Data supplied START
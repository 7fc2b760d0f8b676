-- ===== src/Metrics/Store/Counting.antt =====
-- What any run of messages comes to: each counter is a tally of the messages that name it.
use tengen.Prelude.{
  ℕ, ◌+◌, String, Bool, false, ◌&&◌, Option, none, some, List, [], ◌∷◌, ◌≡◌, refl, ap, ◌∙◌, ◌⊎◌,
  inl, inr, Result, ok, raised, Done, ◌>>=◌, if◌then◌else◌, arith, Bool-cases, Error,
}
use tengen.Value.{Value, str, obj, get, get_in, is_text, empty_obj, bool, int, float, arr, null}
use tengen.Metrics.Store.Targets.{event_of, field_of, target-Targets}
use tengen.Metrics.Store.Buckets.{same_bucket, count-with_bucket, same_bucket→eq}
use tengen.Queue.Consumer.{ack, nack}
use tengen.Metrics.Store.{
  reply_to, Counter, Bucket, MetricsStore, count, put, bucket_of, target_counter, record_event,
  on_message, drain, stored, record_target, increment,
}
use tengen.Metrics.Store.Keys.{
  Key, key_of, is_key, same, is_under, is_key-key_of, is_key-same, same_iff,
}

pub count-put :
    (j k : Key) (v : Value) (n : ℕ) (c : Counter)
    → key_of v ≡ ok k
    → count j (put k v n c) ≡ (if same j k then n else count j c)
unfolding count put
count-put j k v n [] h = ground (arith, is_key-key_of j k v h)
count-put j k v n ((w, m) ∷ c) h = elim (Bool-cases (is_key k w)) [
  | inl p ↦ rw (p, is_key-same j k w p) (ground arith)
  | inr p ↦ rw p (elim (Bool-cases (same j k)) [
    | inl q ↦
        rw (q, ap (λ i. is_key i w) ((same_iff j k).0 q) ∙ p) (count-put j k v n c h ∙ rw q refl)
    | inr q ↦ ground (arith, count-put j k v n c h)
  ])
]

-- The key that the data of an event names in a counter
abbrev pub names : Bucket → Key → Value → Bool
names b k (obj fs) = is_key k (get (field_of b) (str "unknown") fs)
names b k _ = false

-- A message counts in a counter under a key, when it is of the counter's event and names the key.
abbrev pub counts : Bucket → Key → Option Value → Bool
counts b k (some (obj msg)) =
    is_text (get "event" (str "") msg) (event_of b) && names b k (get "data" empty_obj msg)
counts b k _ = false

abbrev pub tally : Bucket → Key → List (Option Value) → ℕ
tally b k [] = 0
tally b k (m ∷ ms) = (if counts b k m then 1 else 0) + tally b k ms

bumped :
    (b₀ b : Bucket) (k j : Key) (s : MetricsStore)
    → (if same_bucket b₀ b
        then if same k j then count j (bucket_of b₀ s) + 1 else count k (bucket_of b₀ s)
        else count k (bucket_of b s))
      ≡ count k (bucket_of b s) + (if same_bucket b₀ b && same k j then 1 else 0)
bumped b₀ b k j s = elim (Bool-cases (same_bucket b₀ b)) [
  | inl p ↦ rw (p, same_bucket→eq b₀ b p) (ground (arith, same_iff k j))
  | inr p ↦ rw p (ground arith)
]

increment-counts :
    (b₀ b : Bucket) (k : Key) (v : Value) (s : MetricsStore) (r : Result Key)
    → key_of v ≡ r
    → count k (bucket_of b (stored b₀ s (increment v 1 (bucket_of b₀ s))).1)
      ≡ count k (bucket_of b s) + (if same_bucket b₀ b && is_under k r then 1 else 0)
unfolding increment
increment-counts b₀ b k v s (raised e) h = rw h (ground arith)
increment-counts b₀ b k v s (ok j) h =
    rw
      (
        h,
        count-with_bucket b₀ b k (put j v (count j (bucket_of b₀ s) + 1) (bucket_of b₀ s)) s,
        count-put k j v (count j (bucket_of b₀ s) + 1) (bucket_of b₀ s) h,
      )
      (bumped b₀ b k j s)

record_target-counts :
    (b₀ b : Bucket) (k : Key) (fields : Value) (s : MetricsStore)
    → count k (bucket_of b (record_target (some (b₀, field_of b₀)) fields s).1)
      ≡ count k (bucket_of b s) + (if same_bucket b₀ b && names b₀ k fields then 1 else 0)
unfolding get_in is_key
record_target-counts b₀ b k (obj fs) s =
    let v = get (field_of b₀) (str "unknown") fs in increment-counts b₀ b k v s (key_of v) refl
record_target-counts b₀ b k (str x) s = ground arith
record_target-counts b₀ b k (bool x) s = ground arith
record_target-counts b₀ b k (int x) s = ground arith
record_target-counts b₀ b k (float x m) s = ground arith
record_target-counts b₀ b k (arr x) s = ground arith
record_target-counts b₀ b k null s = ground arith

same_names :
    (b₀ b : Bucket) (k : Key) (fields : Value) (n : ℕ)
    → n + (if same_bucket b₀ b && names b₀ k fields then 1 else 0)
      ≡ n + (if same_bucket b₀ b && names b k fields then 1 else 0)
same_names b₀ b k fields n = elim (Bool-cases (same_bucket b₀ b)) [
  | inl p ↦ rw (same_bucket→eq b₀ b p) refl
  | inr p ↦ rw p refl
]

reply_to-store : (r : Done × MetricsStore) → (reply_to r).1 ≡ r.1
reply_to-store (ok x, s) = refl
reply_to-store (raised e, s) = refl

pub record_event-counts :
    (b : Bucket) (k : Key) (e fields : Value) (s : MetricsStore)
    → count k (bucket_of b (record_event e fields s).1)
      ≡ count k (bucket_of b s) + (if is_text e (event_of b) && names b k fields then 1 else 0)
unfolding record_event
record_event-counts b k e fields s = elim (target-Targets e) [
  | inl (p, q) ↦ rw (p, q b) (ground arith)
  | inr (b₀, p, q) ↦
      rw (p, q b)
        (record_target-counts b₀ b k fields s ∙ same_names b₀ b k fields (count k (bucket_of b s)))
]

-- A message counts in every counter as its event and its data say, and nowhere else.
on_message-counts :
    (b : Bucket) (k : Key) (m : Option Value) (s : MetricsStore)
    → count k (bucket_of b (on_message m s).1)
      ≡ count k (bucket_of b s) + (if counts b k m then 1 else 0)
unfolding on_message
on_message-counts b k none s = ground arith
on_message-counts b k (some (obj msg)) s =
    ap (λ t. count k (bucket_of b t))
      (reply_to-store (record_event (get "event" (str "") msg) (get "data" empty_obj msg) s))
    ∙ record_event-counts b k (get "event" (str "") msg) (get "data" empty_obj msg) s
on_message-counts b k (some (str x)) s = ground arith
on_message-counts b k (some (bool x)) s = ground arith
on_message-counts b k (some (int x)) s = ground arith
on_message-counts b k (some (float x m)) s = ground arith
on_message-counts b k (some (arr x)) s = ground arith
on_message-counts b k (some null) s = ground arith

-- After any messages, whatever they hold and in whatever order, each counter holds for each key what
-- it held before and one for each message that counts in it under the key.
pub drain-counts :
    (b : Bucket) (k : Key) (ms : List (Option Value)) (s : MetricsStore)
    → count k (bucket_of b (drain ms s).1) ≡ count k (bucket_of b s) + tally b k ms
unfolding drain
drain-counts b k [] s = omega arith
drain-counts b k (m ∷ ms) s =
    omega (arith, on_message-counts b k m s, drain-counts b k ms (on_message m s).1)

stored-raised :
    (b : Bucket) (s : MetricsStore) (r : Result Counter)
    → ((stored b s r).0 ≡ ok tt) ⊎ ((e : Error) × (stored b s r ≡ (raised e, s)))
stored-raised b s (ok c) = inl refl
stored-raised b s (raised e) = inr (e, refl)

target-raised :
    (o : Option (Bucket × String)) (fields : Value) (s : MetricsStore)
    → ((record_target o fields s).0 ≡ ok tt)
      ⊎ ((e : Error) × (record_target o fields s ≡ (raised e, s)))
target-raised none fields s = inl refl
target-raised (some (b, name)) fields s =
    stored-raised b s (get_in fields name (str "unknown") >>= λ v. increment v 1 (bucket_of b s))

record_event-raised :
    (e fields : Value) (s : MetricsStore)
    → ((record_event e fields s).0 ≡ ok tt)
      ⊎ ((x : Error) × (record_event e fields s ≡ (raised x, s)))
unfolding record_event
record_event-raised e fields s = target-raised (target_counter e) fields s

replied :
    (r : Done × MetricsStore) (s : MetricsStore)
    → (r.0 ≡ ok tt) ⊎ ((x : Error) × (r ≡ (raised x, s)))
    → ((reply_to r).0 ≡ ack) ⊎ (reply_to r ≡ (nack false, s))
replied (ok x, s') s h = inl refl
replied (raised e, s') s (inl h) = ground arith
replied (raised e, s') s (inr (x, h)) = inr (ap (λ r. (nack false, r.1)) h)

-- Every message is acknowledged, or it is refused, not put back into the queue, and the counters
-- are as they were.
pub on_message-replies :
    (m : Option Value) (s : MetricsStore)
    → ((on_message m s).0 ≡ ack) ⊎ (on_message m s ≡ (nack false, s))
unfolding on_message
on_message-replies none s = inr refl
on_message-replies (some (obj msg)) s =
    let e = get "event" (str "") msg in
    let fields = get "data" empty_obj msg in
    replied (record_event e fields s) s (record_event-raised e fields s)
on_message-replies (some (str x)) s = inr refl
on_message-replies (some (bool x)) s = inr refl
on_message-replies (some (int x)) s = inr refl
on_message-replies (some (float x m)) s = inr refl
on_message-replies (some (arr x)) s = inr refl
on_message-replies (some null) s = inr refl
Data supplied END
(Assignment):
From the line holding "abbrev pub names" to the line holding "key_of v ≡ r", inclusive, restate each line above exactly as written.

(Problem solution):
abbrev pub names : Bucket → Key → Value → Bool
names b k (obj fs) = is_key k (get (field_of b) (str "unknown") fs)
names b k _ = false

-- A message counts in a counter under a key, when it is of the counter's event and names the key.
abbrev pub counts : Bucket → Key → Option Value → Bool
counts b k (some (obj msg)) =
    is_text (get "event" (str "") msg) (event_of b) && names b k (get "data" empty_obj msg)
counts b k _ = false

abbrev pub tally : Bucket → Key → List (Option Value) → ℕ
tally b k [] = 0
tally b k (m ∷ ms) = (if counts b k m then 1 else 0) + tally b k ms

bumped :
    (b₀ b : Bucket) (k j : Key) (s : MetricsStore)
    → (if same_bucket b₀ b
        then if same k j then count j (bucket_of b₀ s) + 1 else count k (bucket_of b₀ s)
        else count k (bucket_of b s))
      ≡ count k (bucket_of b s) + (if same_bucket b₀ b && same k j then 1 else 0)
bumped b₀ b k j s = elim (Bool-cases (same_bucket b₀ b)) [
  | inl p ↦ rw (p, same_bucket→eq b₀ b p) (ground (arith, same_iff k j))
  | inr p ↦ rw p (ground arith)
]

increment-counts :
    (b₀ b : Bucket) (k : Key) (v : Value) (s : MetricsStore) (r : Result Key)
    → key_of v ≡ r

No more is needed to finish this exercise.